ABOUT THIS EXERCISE: Give an exact copy of the line that has "IsSetTo patch.unread m.unread row.unread" and of every line below it, through the last, with nothing else.
--- PROVIDED ENTRIES Enclosed Below ---
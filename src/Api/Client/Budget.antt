-- ===== src/Api/Client/Budget.antt =====
-- Bounded traffic: a call sends its request at most twice, and asks for at most one refresh.
use punah_pustak.Common.{
  ℕ, zero, suc, ◌+◌, ◌*◌, ◌≤◌, ◌≡◌, Bool, true, false, Option, none, some, List, [], ◌∷◌, arith,
  length, if◌then◌else◌,
}
use punah_pustak.Api.Client.{
  Response, awaiting_restore, awaiting_response, awaiting_refresh, settled, Job, fetching,
  restoring, restored, restore_failed, Traffic, refresh_request, refresh_answer, resource_request,
  Shared, World, RefreshReply, refreshed, refused, failed, Event, start, restore, set_handlers,
  set_token, answer, lose, settle_refresh, perform_refresh, wake, wake_all, deliver, deliver_at,
  step, run, initial,
}

abbrev pub resource_requests : List Traffic → ℕ
resource_requests [] = 0
resource_requests (resource_request _ _ ∷ t) = suc (resource_requests t)
resource_requests (refresh_request ∷ t) = resource_requests t
resource_requests (refresh_answer ∷ t) = resource_requests t

abbrev pub refresh_requests : List Traffic → ℕ
refresh_requests [] = 0
refresh_requests (resource_request _ _ ∷ t) = refresh_requests t
refresh_requests (refresh_request ∷ t) = suc (refresh_requests t)
refresh_requests (refresh_answer ∷ t) = refresh_requests t

perform_refresh_sends_nothing :
    (reply : RefreshReply) (c : Shared)
    → (resource_requests (perform_refresh reply c).traffic ≡ resource_requests c.traffic)
      × (refresh_requests (perform_refresh reply c).traffic ≡ refresh_requests c.traffic)
unfolding perform_refresh
perform_refresh_sends_nothing (refreshed t) c = omega arith
perform_refresh_sends_nothing refused c = omega arith
perform_refresh_sends_nothing failed c = omega arith

module _ {J : Type 0} where
  -- The requests and refreshes that a job may still cause.
  abbrev requests_left : Job J → ℕ
  requests_left (fetching _ (awaiting_restore true)) = 2
  requests_left (fetching _ (awaiting_restore false)) = 1
  requests_left (fetching _ (awaiting_response true)) = 1
  requests_left (fetching _ (awaiting_response false)) = 0
  requests_left (fetching _ (awaiting_refresh _)) = 1
  requests_left (fetching _ (settled _)) = 0
  requests_left restoring = 0
  requests_left (restored _) = 0
  requests_left restore_failed = 0

  abbrev refreshes_left : Job J → ℕ
  refreshes_left (fetching _ (awaiting_restore true)) = 1
  refreshes_left (fetching _ (awaiting_response true)) = 1
  refreshes_left (fetching _ _) = 0
  refreshes_left restoring = 0
  refreshes_left (restored _) = 0
  refreshes_left restore_failed = 0

  abbrev total : (Job J → ℕ) → List (Job J) → ℕ
  total f [] = 0
  total f (j ∷ js) = f j + total f js

  abbrev is_fetch : Job J → ℕ
  is_fetch (fetching _ _) = 1
  is_fetch restoring = 0
  is_fetch (restored _) = 0
  is_fetch restore_failed = 0

  -- The calls of `apiFetch` among the jobs.
  abbrev pub fetches : List (Job J) → ℕ
  fetches js = total is_fetch js

  -- What one job's code adds to the traffic, it takes from what the job has left.
  record Pays (c c' : Shared) (j j' : Job J) : Type 0 where
    requests :
        resource_requests c'.traffic + requests_left j'
        ≤ resource_requests c.traffic + requests_left j
    refreshes :
        refresh_requests c'.traffic + refreshes_left j'
        ≤ refresh_requests c.traffic + refreshes_left j
    same_kind : is_fetch j' ≡ is_fetch j

  wake-Pays :
      (reply : RefreshReply) (j : Job J) (c : Shared)
      → Pays c (wake reply j c).1 j (wake reply j c).0
  unfolding wake
  wake-Pays refused (fetching target (awaiting_refresh r)) c = ground arith
  wake-Pays (refreshed t) (fetching target (awaiting_refresh r)) c = ground arith
  wake-Pays failed (fetching target (awaiting_refresh r)) c = ground arith
  wake-Pays reply (fetching target (awaiting_restore true)) c = ground arith
  wake-Pays reply (fetching target (awaiting_restore false)) c = ground arith
  wake-Pays reply (fetching target p) c = ground arith
  wake-Pays reply j c = ground arith

  deliver-Pays :
      (r : Option (Response J)) (j : Job J) (c : Shared)
      → Pays c (deliver r j c).1 j (deliver r j c).0
  unfolding deliver
  deliver-Pays (some r) (fetching target (awaiting_response true)) c = ground arith
  deliver-Pays (some r) (fetching target (awaiting_response false)) c = ground arith
  deliver-Pays none (fetching target (awaiting_response true)) c = ground arith
  deliver-Pays none (fetching target (awaiting_response false)) c = ground arith
  deliver-Pays (some r) j c = ground arith
  deliver-Pays none j c = ground arith

  record PaysAll (c c' : Shared) (js js' : List (Job J)) : Type 0 where
    requests :
        resource_requests c'.traffic + total requests_left js'
        ≤ resource_requests c.traffic + total requests_left js
    refreshes :
        refresh_requests c'.traffic + total refreshes_left js'
        ≤ refresh_requests c.traffic + total refreshes_left js
    same_kind : fetches js' ≡ fetches js
    same_length : length js' ≡ length js

  wake_all_pays :
      (reply : RefreshReply) (js : List (Job J)) (c : Shared)
      → PaysAll c (wake_all reply js c).1 js (wake_all reply js c).0
  unfolding wake_all
  wake_all_pays reply [] c = omega arith
  wake_all_pays reply (j ∷ js) c =
      omega (arith, wake-Pays reply j (wake_all reply js c).1, wake_all_pays reply js c)

  deliver_at_pays :
      (i : ℕ) (r : Option (Response J)) (js : List (Job J)) (c : Shared)
      → PaysAll c (deliver_at i r js c).1 js (deliver_at i r js c).0
  unfolding deliver_at
  deliver_at_pays i r [] c = omega arith
  deliver_at_pays zero r (j ∷ js) c = omega (arith, deliver-Pays r j c)
  deliver_at_pays (suc i) r (j ∷ js) c = omega (arith, deliver_at_pays i r js c)

  -- What is sent and what may still be sent stay within two requests for each call of `apiFetch`,
  -- and one refresh for each job.
  record IsBounded (w : World J) : Type 0 where
    requests : resource_requests w.shared.traffic + total requests_left w.jobs ≤ 2 * fetches w.jobs
    refreshes : refresh_requests w.shared.traffic + total refreshes_left w.jobs ≤ length w.jobs

  IsBounded-if :
      (b : Bool) {v w : World J} → IsBounded v → IsBounded w → IsBounded (if b then v else w)
  IsBounded-if true hv hw = hv
  IsBounded-if false hv hw = hw

  step-IsBounded : (w : World J) (e : Event J) → IsBounded w → IsBounded (step w e)
  unfolding step
  step-IsBounded w (start target) b = ground arith
  step-IsBounded w restore b = ground arith
  step-IsBounded w (set_handlers h) b = omega arith
  step-IsBounded w (set_token t) b = omega arith
  step-IsBounded w (answer i r) b = omega (arith, deliver_at_pays i (some r) w.jobs w.shared)
  step-IsBounded w (lose i) b = omega (arith, deliver_at_pays i none w.jobs w.shared)
  step-IsBounded w (settle_refresh reply) b =
      IsBounded-if w.shared.refresh_in_flight
        (omega (
          arith,
          perform_refresh_sends_nothing reply w.shared,
          wake_all_pays reply w.jobs (perform_refresh reply w.shared),
        ))
        b

  run-IsBounded : (w : World J) (es : List (Event J)) → IsBounded w → IsBounded (run w es)
  unfolding run
  run-IsBounded w [] b = b
  run-IsBounded w (e ∷ es) b = run-IsBounded (step w e) es (step-IsBounded w e b)

  initial-IsBounded : IsBounded (initial {J = J})
  unfolding initial
  initial-IsBounded = omega arith

  -- After any events from the loading of the page, the requests sent are at most twice the
  -- calls of `apiFetch`, and the refreshes at most the calls of `apiFetch` and `restoreSession`.
  pub bounded_traffic :
      (es : List (Event J))
      → (resource_requests (run initial es).shared.traffic ≤ 2 * fetches (run initial es).jobs)
        × (refresh_requests (run initial es).shared.traffic ≤ length (run initial es).jobs)
  bounded_traffic es = omega (arith, run-IsBounded initial es initial-IsBounded)
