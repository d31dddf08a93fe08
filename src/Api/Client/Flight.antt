-- ===== src/Api/Client/Flight.antt =====
-- At most one refresh at a time, and nobody is left waiting for a refresh that has ended.
use punah_pustak.Common.{
  ℕ, zero, suc, ◌≡◌, refl, Bool, true, false, Option, none, some, List, [], ◌∷◌, All, arith,
  if◌then◌else◌,
}
use punah_pustak.Api.Client.{
  Response, Phase, awaiting_restore, awaiting_response, awaiting_refresh, settled, Job, fetching,
  restoring, restored, restore_failed, Traffic, refresh_request, refresh_answer, resource_request,
  Shared, World, RefreshReply, refreshed, refused, failed, Event, start, restore, set_handlers,
  set_token, answer, lose, settle_refresh, perform_refresh, wake, wake_all, deliver, deliver_at,
  step, run, initial,
}

-- Read from the newest: refreshes and their ends alternate, and the newest is a request exactly
-- while a refresh is in flight.
abbrev pub Alternates : Bool → List Traffic → Type 0
Alternates b [] = b ≡ false
Alternates b (resource_request _ _ ∷ t) = Alternates b t
Alternates b (refresh_request ∷ t) = (b ≡ true) × Alternates false t
Alternates b (refresh_answer ∷ t) = (b ≡ false) × Alternates true t

abbrev pub IsSingle : Shared → Type 0
IsSingle c = Alternates c.refresh_in_flight c.traffic

perform_refresh_sound :
    (reply : RefreshReply) (c : Shared)
    → c.refresh_in_flight ≡ true
    → IsSingle c
    → IsSingle (perform_refresh reply c) × ((perform_refresh reply c).refresh_in_flight ≡ false)
unfolding perform_refresh
perform_refresh_sound (refreshed t) c e h = ground arith
perform_refresh_sound refused c e h = ground arith
perform_refresh_sound failed c e h = ground arith

module _ {J : Type 0} where
  abbrev pub WaitsPhase : Bool → Phase J → Type 0
  WaitsPhase b (awaiting_restore _) = b ≡ true
  WaitsPhase b (awaiting_refresh _) = b ≡ true
  WaitsPhase b (awaiting_response _) = Unit
  WaitsPhase b (settled _) = Unit

  -- A job that waits for a refresh does so only while one is in flight.
  abbrev pub Waits : Bool → Job J → Type 0
  Waits b (fetching _ p) = WaitsPhase b p
  Waits b restoring = b ≡ true
  Waits b (restored _) = Unit
  Waits b restore_failed = Unit

  pub record IsSound (w : World J) : Type 0 where
    pub single : IsSingle w.shared
    pub waiting : All (Waits w.shared.refresh_in_flight) w.jobs

  Waits-true : (b : Bool) (j : Job J) → Waits b j → Waits true j
  Waits-true b (fetching _ (awaiting_restore _)) h = refl
  Waits-true b (fetching _ (awaiting_refresh _)) h = refl
  Waits-true b (fetching _ (awaiting_response _)) h = tt
  Waits-true b (fetching _ (settled _)) h = tt
  Waits-true b restoring h = refl
  Waits-true b (restored _) h = tt
  Waits-true b restore_failed h = tt

  raise_jobs : (b : Bool) (js : List (Job J)) → All (Waits b) js → All (Waits true) js
  raise_jobs b [] h = tt
  raise_jobs b (j ∷ js) h = (Waits-true b j h.0, raise_jobs b js h.1)

  wake_sound :
      (reply : RefreshReply) (j : Job J) (c : Shared)
      → c.refresh_in_flight ≡ false
      → IsSingle c
      → IsSingle (wake reply j c).1
        × ((wake reply j c).1.refresh_in_flight ≡ false)
        × Waits false (wake reply j c).0
  unfolding wake
  wake_sound refused (fetching target (awaiting_refresh r)) c e h = ground arith
  wake_sound (refreshed t) (fetching target (awaiting_refresh r)) c e h = ground arith
  wake_sound failed (fetching target (awaiting_refresh r)) c e h = ground arith
  wake_sound reply (fetching target (awaiting_restore retry)) c e h = ground arith
  wake_sound reply (fetching target p) c e h = ground arith
  wake_sound reply j c e h = ground arith

  deliver_sound :
      (r : Option (Response J)) (j : Job J) (c : Shared)
      → IsSingle c
      → Waits c.refresh_in_flight j
      → IsSingle (deliver r j c).1
        × (c.refresh_in_flight ≡ true → (deliver r j c).1.refresh_in_flight ≡ true)
        × Waits (deliver r j c).1.refresh_in_flight (deliver r j c).0
  unfolding deliver
  deliver_sound (some r) (fetching target (awaiting_response retry)) c h k = ground arith
  deliver_sound none (fetching target (awaiting_response retry)) c h k = ground arith
  deliver_sound (some r) j c h k = ground arith
  deliver_sound none j c h k = ground arith

  wake_all_sound :
      (reply : RefreshReply) (js : List (Job J)) (c : Shared)
      → c.refresh_in_flight ≡ false
      → IsSingle c
      → IsSingle (wake_all reply js c).1
        × ((wake_all reply js c).1.refresh_in_flight ≡ false)
        × All (Waits false) (wake_all reply js c).0
  unfolding wake_all
  wake_all_sound reply [] c e h = (h, e, tt)
  wake_all_sound reply (j ∷ js) c e h =
      let (single, idle, rests) = wake_all_sound reply js c e h in
      let (single', idle', rests') = wake_sound reply j (wake_all reply js c).1 idle single in
      (single', idle', (rests', rests))

  grow_jobs :
      (b b' : Bool) (js : List (Job J))
      → (b ≡ true → b' ≡ true)
      → All (Waits b) js
      → All (Waits b') js
  grow_jobs true b' js g h = rw (g refl) h
  grow_jobs false true js g h = raise_jobs false js h
  grow_jobs false false js g h = h

  deliver_at_sound :
      (i : ℕ) (r : Option (Response J)) (js : List (Job J)) (c : Shared)
      → IsSingle c
      → All (Waits c.refresh_in_flight) js
      → IsSingle (deliver_at i r js c).1
        × (c.refresh_in_flight ≡ true → (deliver_at i r js c).1.refresh_in_flight ≡ true)
        × All (Waits (deliver_at i r js c).1.refresh_in_flight) (deliver_at i r js c).0
  unfolding deliver_at
  deliver_at_sound i r [] c h k = (h, λ e. e, tt)
  deliver_at_sound zero r (j ∷ js) c h k =
      let (single, grows, waits) = deliver_sound r j c h k.0 in
      (single, grows, (waits, grow_jobs _ _ js grows k.1))
  deliver_at_sound (suc i) r (j ∷ js) c h k =
      let (single, grows, waits) = deliver_at_sound i r js c h k.1 in
      (single, grows, ((grow_jobs _ _ (j ∷ []) grows (k.0, tt)).0, waits))

  IsSound-if :
      (b : Bool) {v w : World J} → (b ≡ true → IsSound v) → IsSound w → IsSound (if b then v else w)
  IsSound-if true hv hw = hv refl
  IsSound-if false hv hw = hw

  -- Each event keeps the invariant: refresh requests and their ends alternate, and a job waits for
  -- a refresh only while one is in flight.
  pub step-IsSound : (w : World J) (e : Event J) → IsSound w → IsSound (step w e)
  unfolding step
  step-IsSound w (start target) s = record {
    single = ground arith;
    waiting =
        (ground arith, grow_jobs w.shared.refresh_in_flight _ w.jobs (ground arith) s.waiting);
  }
  step-IsSound w restore s = record {
    single = ground arith;
    waiting =
        (ground arith, grow_jobs w.shared.refresh_in_flight _ w.jobs (ground arith) s.waiting);
  }
  step-IsSound w (set_handlers b) s = record { single = s.single; waiting = s.waiting }
  step-IsSound w (set_token t) s = record { single = s.single; waiting = s.waiting }
  step-IsSound w (answer i r) s =
      let (single, _, waits) = deliver_at_sound i (some r) w.jobs w.shared s.single s.waiting in
      record { single = single; waiting = waits }
  step-IsSound w (lose i) s =
      let (single, _, waits) = deliver_at_sound i none w.jobs w.shared s.single s.waiting in
      record { single = single; waiting = waits }
  step-IsSound w (settle_refresh reply) s =
      IsSound-if w.shared.refresh_in_flight
        (λ e.
          let (single, idle) = perform_refresh_sound reply w.shared e s.single in
          let (single', idle', rests) =
            wake_all_sound reply w.jobs (perform_refresh reply w.shared) idle single in
          record { single = single'; waiting = grow_jobs false _ _ (λ f. cc) rests })
        s

  pub run-IsSound : (w : World J) (es : List (Event J)) → IsSound w → IsSound (run w es)
  unfolding run
  run-IsSound w [] s = s
  run-IsSound w (e ∷ es) s = run-IsSound (step w e) es (step-IsSound w e s)

  initial-IsSound : IsSound (initial {J = J})
  unfolding initial
  initial-IsSound = record { single = refl; waiting = tt }

  -- After any events from the loading of the page, refreshes alternate with their ends in the
  -- traffic (so that two are never under way at once), the newest is a request exactly while
  -- `refreshInFlight` is set, and no call waits for a refresh that is over.
  pub single_flight : (es : List (Event J)) → IsSound (run initial es)
  single_flight es = run-IsSound initial es initial-IsSound
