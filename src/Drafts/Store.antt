-- ===== src/Drafts/Store.antt =====
-- The drafts list holds what was saved last, newest first.
use crypt_mail.Prelude.{
  ◌≡◌, ◌↔◌, none, some, if◌then◌else◌, In, Text, text_eq, lookup, values, lookup-insert,
  lookup-remove, IsSorted, In-sort_by, sort_by-In, sort_by-IsSorted, Locale, IsCollation,
}
use crypt_mail.Drafts.{Draft, Drafts, upsert_draft, remove_draft, newest_le, list_drafts}

-- After a draft is saved, it is found under its id and every other id finds what it found before; after
-- an id is removed, only that id finds nothing.
pub drafts_lookup :
    (drafts : Drafts) (draft : Draft) (id j : Text)
    → (lookup j (upsert_draft drafts draft)
        ≡ (if text_eq draft.id j then some draft else lookup j drafts))
      × (lookup j (remove_draft drafts id) ≡ (if text_eq id j then none else lookup j drafts))
unfolding upsert_draft remove_draft
drafts_lookup drafts draft id j = (lookup-insert draft.id j draft drafts, lookup-remove id j drafts)

-- The list holds exactly the stored drafts, the newest edited first.
pub list_drafts-IsSorted :
    (loc : Locale) (drafts : Drafts)
    → IsCollation loc
    → IsSorted (newest_le loc) (list_drafts loc drafts)
      × ((draft : Draft) → In draft (list_drafts loc drafts) ↔ In draft (values drafts))
unfolding list_drafts
list_drafts-IsSorted loc drafts c = (
  sort_by-IsSorted (newest_le loc)
      (record {
        total = λ a b h. c.order.total b.updated_at a.updated_at h;
        trans = λ a b d h k. c.order.trans d.updated_at b.updated_at a.updated_at k h;
      })
      (values drafts),
  λ draft. (
    In-sort_by (newest_le loc) draft (values drafts),
    sort_by-In (newest_le loc) draft (values drafts),
  ),
)
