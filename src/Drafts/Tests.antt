-- ===== src/Drafts/Tests.antt =====
-- Drafts at concrete inputs.
use crypt_mail.Prelude.{◌≡◌, none, some, [], ◌∷◌, Text, codes, lookup}
use mathlib.Core.Path.{refl}
use crypt_mail.Drafts.{Draft, Drafts, upsert_draft, remove_draft}
use crypt_mail.Samples.{ann, t1, t2}

abbrev draft : Text → Text → Draft
draft id at = record {
  fields = record {
    to = ann ∷ [];
    subject = codes "hi";
    body = [];
    html = none;
    attachments = none;
    attachments_omitted = none;
    in_reply_to = none;
    references = none;
  };
  id = id;
  updated_at = at;
  send_error = none;
}

abbrev drafts : Drafts
drafts = upsert_draft ((codes "a", draft (codes "a") t1) ∷ []) (draft (codes "b") t2)

lookup_test : lookup (codes "b") drafts ≡ some (draft (codes "b") t2)
unfolding lookup upsert_draft crypt_mail.Prelude.insert crypt_mail.Prelude.text_eq
lookup_test = refl

remove_draft_test : lookup (codes "b") (remove_draft drafts (codes "b")) ≡ none
unfolding lookup remove_draft crypt_mail.Prelude.remove upsert_draft crypt_mail.Prelude.insert
    crypt_mail.Prelude.text_eq
remove_draft_test = refl
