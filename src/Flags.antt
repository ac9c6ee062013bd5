-- ===== src/Flags.antt =====
-- Optimistic flag updates over a list of mail (app/src/mail/flags.ts). The inbox's rows carry an
-- account besides; nothing here reads it.
pub mod Patch
mod Tests
use crypt_mail.Prelude.{
  Bool, true, false, ◌||◌, not, Option, none, some, List, [], ◌∷◌, ◌++◌, map, if◌then◌else◌, filter,
  Text, codes, text_eq, has_text, Locale,
}
use crypt_mail.Mail.{MailSummary, FlagPatch}

abbrev pub filing : List Text
filing = codes "INBOX" ∷ codes "SPAM" ∷ codes "JUNK" ∷ []

abbrev pub or_nil : Option (List Text) → List Text
or_nil none = []
or_nil (some labels) = labels

abbrev pub files : Locale → Text → Bool
files loc label = has_text (loc.upper label) filing

unfoldable pub refiled : Locale → Option (List Text) → Bool → List Text
refiled loc labels junk =
    filter (λ label. not (files loc label)) (or_nil labels)
    ++ (if junk then codes "SPAM" else codes "INBOX") ∷ []

abbrev pub is_given : Option Bool → Bool
is_given none = false
is_given (some b) = true

abbrev pub given_or : Option Bool → Bool → Bool
given_or none old = old
given_or (some new) old = new

abbrev pub labels_after : Locale → Option Bool → Option (List Text) → Option (List Text)
labels_after loc none labels = labels
labels_after loc (some junk) labels = some (refiled loc labels junk)

-- The row that the patch is for.
unfoldable pub patched : Locale → FlagPatch → MailSummary → MailSummary
patched loc patch m = record m {
  unread = given_or patch.unread m.unread;
  starred = given_or patch.starred m.starred;
  labels = labels_after loc patch.junk m.labels;
}

abbrev pub is_move : FlagPatch → Bool
is_move patch = is_given patch.archived || is_given patch.trashed

abbrev pub has_id : Text → MailSummary → Bool
has_id id m = text_eq m.id id

unfoldable pub apply_flag_patch : Locale → List MailSummary → Text → FlagPatch → List MailSummary
apply_flag_patch loc messages id patch =
    if is_move patch
    then filter (λ m. not (has_id id m)) messages
    else map (λ m. if has_id id m then patched loc patch m else m) messages
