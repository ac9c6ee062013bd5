-- ===== src/Flags/Patch.antt =====
-- What a flag change does to the list, and to the row's filing.
use crypt_mail.Prelude.{
  ◌≡◌, refl, ap, ◌∙◌, ◌≢◌, ◌↔◌, ◌⊎◌, inl, inr, Bool, true, false, not, Option, none, some, List, [],
  ◌∷◌, ◌++◌, if◌then◌else◌, Bool-cases, filter, In, Text, codes, text_eq, has_text, Locale,
}
use crypt_mail.Mail.{MailSummary, FlagPatch}
use crypt_mail.Flags.{or_nil, files, refiled}

-- The names of the three folders are upper case already.
abbrev pub FilingIsUpper : Locale → Type 0
FilingIsUpper loc =
    (loc.upper (codes "INBOX") ≡ codes "INBOX")
    × (loc.upper (codes "SPAM") ≡ codes "SPAM")
    × (loc.upper (codes "JUNK") ≡ codes "JUNK")

abbrev pub target : Bool → Text
target junk = if junk then codes "SPAM" else codes "INBOX"

files-target : (loc : Locale) (junk : Bool) → FilingIsUpper loc → files loc (target junk) ≡ true
unfolding has_text text_eq
files-target loc true u = rw (u.1)
files-target loc false u = rw (u.0)

filter_idem : (p : Text → Bool) (xs : List Text) → filter p (filter p xs) ≡ filter p xs
filter_idem p [] = refl
filter_idem p (x ∷ xs) = elim (Bool-cases (p x)) [
  | inl e ↦ rw (e) (rw e (ap (λ l. x ∷ l) (filter_idem p xs)))
  | inr n ↦ rw n (filter_idem p xs)
]

filter-append_dropped :
    (p : Text → Bool) (xs : List Text) (x : Text)
    → p x ≡ false
    → filter p (xs ++ x ∷ []) ≡ filter p xs
filter-append_dropped p [] x h = rw h
filter-append_dropped p (y ∷ xs) x h = elim (Bool-cases (p y)) [
  | inl e ↦ rw e (ap (λ l. y ∷ l) (filter-append_dropped p xs x h))
  | inr n ↦ rw n (filter-append_dropped p xs x h)
]

filter_apart :
    (loc : Locale) (xs : List Text) (x : Text)
    → files loc x ≡ true
    → filter (files loc) (filter (λ l. not (files loc l)) xs ++ x ∷ []) ≡ x ∷ []
filter_apart loc [] x h = simp h
filter_apart loc (y ∷ xs) x h = elim (Bool-cases (files loc y)) [
  | inl e ↦ simp e (filter_apart loc xs x h)
  | inr n ↦ simp n (filter_apart loc xs x h)
]

-- The labels after a junk move are those that file nowhere, in their order, and the one target: the
-- message is in junk or in the inbox and never in both, and the last of two moves decides alone.
-- This holds where upper case leaves the three names of the folders as they are.
pub refiled_again :
    (loc : Locale) (labels : Option (List Text)) (first second : Bool)
    → FilingIsUpper loc
    → (filter (files loc) (refiled loc labels second) ≡ target second ∷ [])
      × (refiled loc (some (refiled loc labels first)) second ≡ refiled loc labels second)
unfolding refiled
refiled_again loc labels first second u = (
  only_target (or_nil labels),
  ap (λ (l : List Text). l ++ target second ∷ [])
      (filter-append_dropped (λ l. not (files loc l))
          (filter (λ l. not (files loc l)) (or_nil labels)) (target first)
          (rw (files-target loc first u))
        ∙ filter_idem (λ l. not (files loc l)) (or_nil labels)),
)
  where
    only_target :
        (xs : List Text)
        → filter (files loc) (filter (λ l. not (files loc l)) xs ++ target second ∷ [])
          ≡ target second ∷ []
    only_target xs = filter_apart loc xs (target second) (files-target loc second u)

abbrev pub IsSetTo : Option Bool → Bool → Bool → Type 0
IsSetTo none old new = new ≡ old
IsSetTo (some given) old new = new ≡ given

-- A junk move keeps the labels that file nowhere and adds the folder; nothing else changes labels.
abbrev pub IsRefiled : Locale → Option Bool → Option (List Text) → Option (List Text) → Type 0
IsRefiled loc none old new = new ≡ old
IsRefiled loc (some junk) old new =
    (labels : List Text) × (new ≡ some labels)
    × ((l : Text) → In l labels ↔ ((In l (or_nil old) × (files loc l ≡ false)) ⊎ (l ≡ target junk)))

-- The row has what the patch gives, and is otherwise the old one.
abbrev pub IsPatched : Locale → FlagPatch → MailSummary → MailSummary → Type 0
IsPatched loc patch m row =
    IsSetTo patch.unread m.unread row.unread
    × IsSetTo patch.starred m.starred row.starred
    × IsRefiled loc patch.junk m.labels row.labels
    × (row ≡ record m { unread = row.unread; starred = row.starred; labels = row.labels })

-- Row by row: the rows of other ids as they were, and those of the id patched.
abbrev pub ArePatched : Locale → FlagPatch → Text → List MailSummary → List MailSummary → Type 0
ArePatched loc patch id [] [] = Unit
ArePatched loc patch id (m ∷ ms) [] = ⊥
ArePatched loc patch id [] (row ∷ rows) = ⊥
ArePatched loc patch id (m ∷ ms) (row ∷ rows) =
    ((m.id ≢ id → row ≡ m) × (m.id ≡ id → IsPatched loc patch m row))
    × ArePatched loc patch id ms rows

abbrev pub IsListAfter :
    Option Bool
    → Option Bool
    → Locale
    → FlagPatch
    → Text
    → List MailSummary
    → List MailSummary
    → Type 0
IsListAfter none none loc patch id messages rows = ArePatched loc patch id messages rows
IsListAfter none (some trashed) loc patch id messages rows =
    (m : MailSummary) → In m rows ↔ (In m messages × (m.id ≢ id))
IsListAfter (some archived) trashed loc patch id messages rows =
    (m : MailSummary) → In m rows ↔ (In m messages × (m.id ≢ id))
--- End of Enclosed PROVIDED ENTRIES ---
TASK SOLUTION:
    IsSetTo patch.unread m.unread row.unread
    × IsSetTo patch.starred m.starred row.starred
    × IsRefiled loc patch.junk m.labels row.labels
    × (row ≡ record m { unread = row.unread; starred = row.starred; labels = row.labels })

-- Row by row: the rows of other ids as they were, and those of the id patched.
abbrev pub ArePatched : Locale → FlagPatch → Text → List MailSummary → List MailSummary → Type 0
ArePatched loc patch id [] [] = Unit
ArePatched loc patch id (m ∷ ms) [] = ⊥
ArePatched loc patch id [] (row ∷ rows) = ⊥
ArePatched loc patch id (m ∷ ms) (row ∷ rows) =
    ((m.id ≢ id → row ≡ m) × (m.id ≡ id → IsPatched loc patch m row))
    × ArePatched loc patch id ms rows

abbrev pub IsListAfter :
    Option Bool
    → Option Bool
    → Locale
    → FlagPatch
    → Text
    → List MailSummary
    → List MailSummary
    → Type 0
IsListAfter none none loc patch id messages rows = ArePatched loc patch id messages rows
IsListAfter none (some trashed) loc patch id messages rows =
    (m : MailSummary) → In m rows ↔ (In m messages × (m.id ≢ id))
IsListAfter (some archived) trashed loc patch id messages rows =
    (m : MailSummary) → In m rows ↔ (In m messages × (m.id ≢ id))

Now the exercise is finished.